__TRY IT__.
In the material below, find the line that contains "unfolding user_from_claims" and the line that contains "-- The branch", then write out exactly those two lines and everything between them.

★ ★ ★

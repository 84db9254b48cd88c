-- ===== src/Auth/Request.antt =====
-- `authenticate_request`, `complete_login` and `session_cookie` of app/bl/services/auth.py.
use network_gateway_api.Prelude.{
  ℕ, Bool, Option, none, some, String, ◌==◌, if◌then◌else◌, Outcome, ok, err,
}
use network_gateway_api.Prelude.Int.{Float}
use network_gateway_api.Value.{Value, Fields, float, get_value, set, is_empty}
use network_gateway_api.Text.{same, after_prefix, any_char}
use network_gateway_api.Identity.{
  AuthenticatedUser, entra, demo, disabled, GatewayRole, Roles, no_roles, with_role, AuthError,
  http, value_error, public_user,
}
use network_gateway_api.Auth.Settings.{AuthSettings}
use network_gateway_api.Auth.Signed.{Codec, sign, unsign}
use network_gateway_api.Auth.Keys.{Cache}
use network_gateway_api.Auth.Claims.{user_from_claims, is_unexpired}
use network_gateway_api.Auth.Token.{verify_token}

abbrev pub sign_in_required : AuthError
sign_in_required = http 401 "Authentication is required."

abbrev pub empty_default : Option String → String
empty_default none = ""
empty_default (some text) = text

-- `authorization[7:]`, if it is a bearer authorization with one space
abbrev pub bearer_of : String → Option String
bearer_of authorization = elim (after_prefix same "Bearer " authorization) [
  | none ↦ none
  | some token ↦ if any_char (λ c. c == 32) token then none else some token
]

-- `_cookie_secret`
unfoldable pub cookie_secret : AuthSettings → Option String
cookie_secret settings = elim settings.mode [
  | entra ↦ elim settings.client_secret [
    | none ↦ none
    | some secret ↦ if is_empty secret then none else some secret
  ]
  | _ ↦ none
]

-- `frozenset({role})` of the role in the settings, which `auth_settings` sets in this mode
abbrev pub demo_roles : Option GatewayRole → Roles
demo_roles none = no_roles
demo_roles (some role) = with_role role no_roles

abbrev pub demo_user : AuthSettings → AuthenticatedUser
demo_user settings = record {
  subject = empty_default settings.demo_user_id;
  tenant_id = none;
  name = empty_default settings.demo_user_name;
  email = settings.demo_user_email;
  roles = demo_roles settings.demo_user_role;
  auth_mode = demo;
}

-- A request as far as authentication looks at it.
pub record Request : Type 0 where
  pub demo_mode : Bool
  pub authorization : String
  pub gateway_session : Option String

module _ (codec : Codec) (fetch : String → Option Value)
    (signature_ok : Fields → (header claims signature : String) → Bool) (text_of : Value → String)
    (settings : AuthSettings) (clock : ℕ) (now : Float) where
  -- `_user_from_claims` after a token
  abbrev pub user_of_token :
      Outcome AuthError Fields × Cache → Outcome AuthError AuthenticatedUser × Cache
  user_of_token (err e, cache) = (err e, cache)
  user_of_token (ok claims, cache) = (user_from_claims text_of settings claims, cache)

  -- The session cookie with its expiry
  unfoldable pub from_session : Option Fields → Outcome AuthError AuthenticatedUser
  unfolding user_from_claims
  from_session none = err value_error
  from_session (some claims) =
      if is_unexpired now (get_value "expires_at" claims)
      then user_from_claims text_of settings claims
      else err sign_in_required

  abbrev pub open_session : Option String → Option String → Option Fields
  open_session (some cookie) (some secret) = unsign codec cookie secret
  open_session _ _ = none

  -- The branch for the mode `entra`
  unfoldable pub authenticate_entra : Request → Cache → Outcome AuthError AuthenticatedUser × Cache
  unfolding after_prefix verify_token user_from_claims from_session unsign cookie_secret
  authenticate_entra request cache = elim (bearer_of request.authorization) [
    | some token ↦ user_of_token (
        verify_token codec fetch signature_ok settings clock now token
          (empty_default settings.api_client_id) none cache)
    | none ↦ (from_session (open_session request.gateway_session (cookie_secret settings)), cache)
  ]

  -- `authenticate_request`
  unfoldable pub authenticate_request :
      Request → Cache → Outcome AuthError AuthenticatedUser × Cache
  unfolding authenticate_entra
  authenticate_request request cache = elim settings.mode [
    | demo ↦ (
      if request.demo_mode
          then ok (demo_user settings)
          else err (http 401 "Demo authentication is disabled."),
      cache,
    )
    | disabled ↦ (err sign_in_required, cache)
    | entra ↦ authenticate_entra request cache
  ]

  -- `session_cookie`; `none` where `_cookie_secret` raises
  unfoldable pub session_cookie : AuthenticatedUser → Float → Option String
  unfolding public_user set sign cookie_secret
  session_cookie user expires_at = elim (cookie_secret settings) [
    | none ↦ none
    | some secret ↦
        some (sign codec (set "expires_at" (float expires_at) (public_user user)) secret)
  ]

★ ★ ★

__EXERCISE RESULT__.
  unfolding user_from_claims
  from_session none = err value_error
  from_session (some claims) =
      if is_unexpired now (get_value "expires_at" claims)
      then user_from_claims text_of settings claims
      else err sign_in_required

  abbrev pub open_session : Option String → Option String → Option Fields
  open_session (some cookie) (some secret) = unsign codec cookie secret
  open_session _ _ = none

  -- The branch for the mode `entra`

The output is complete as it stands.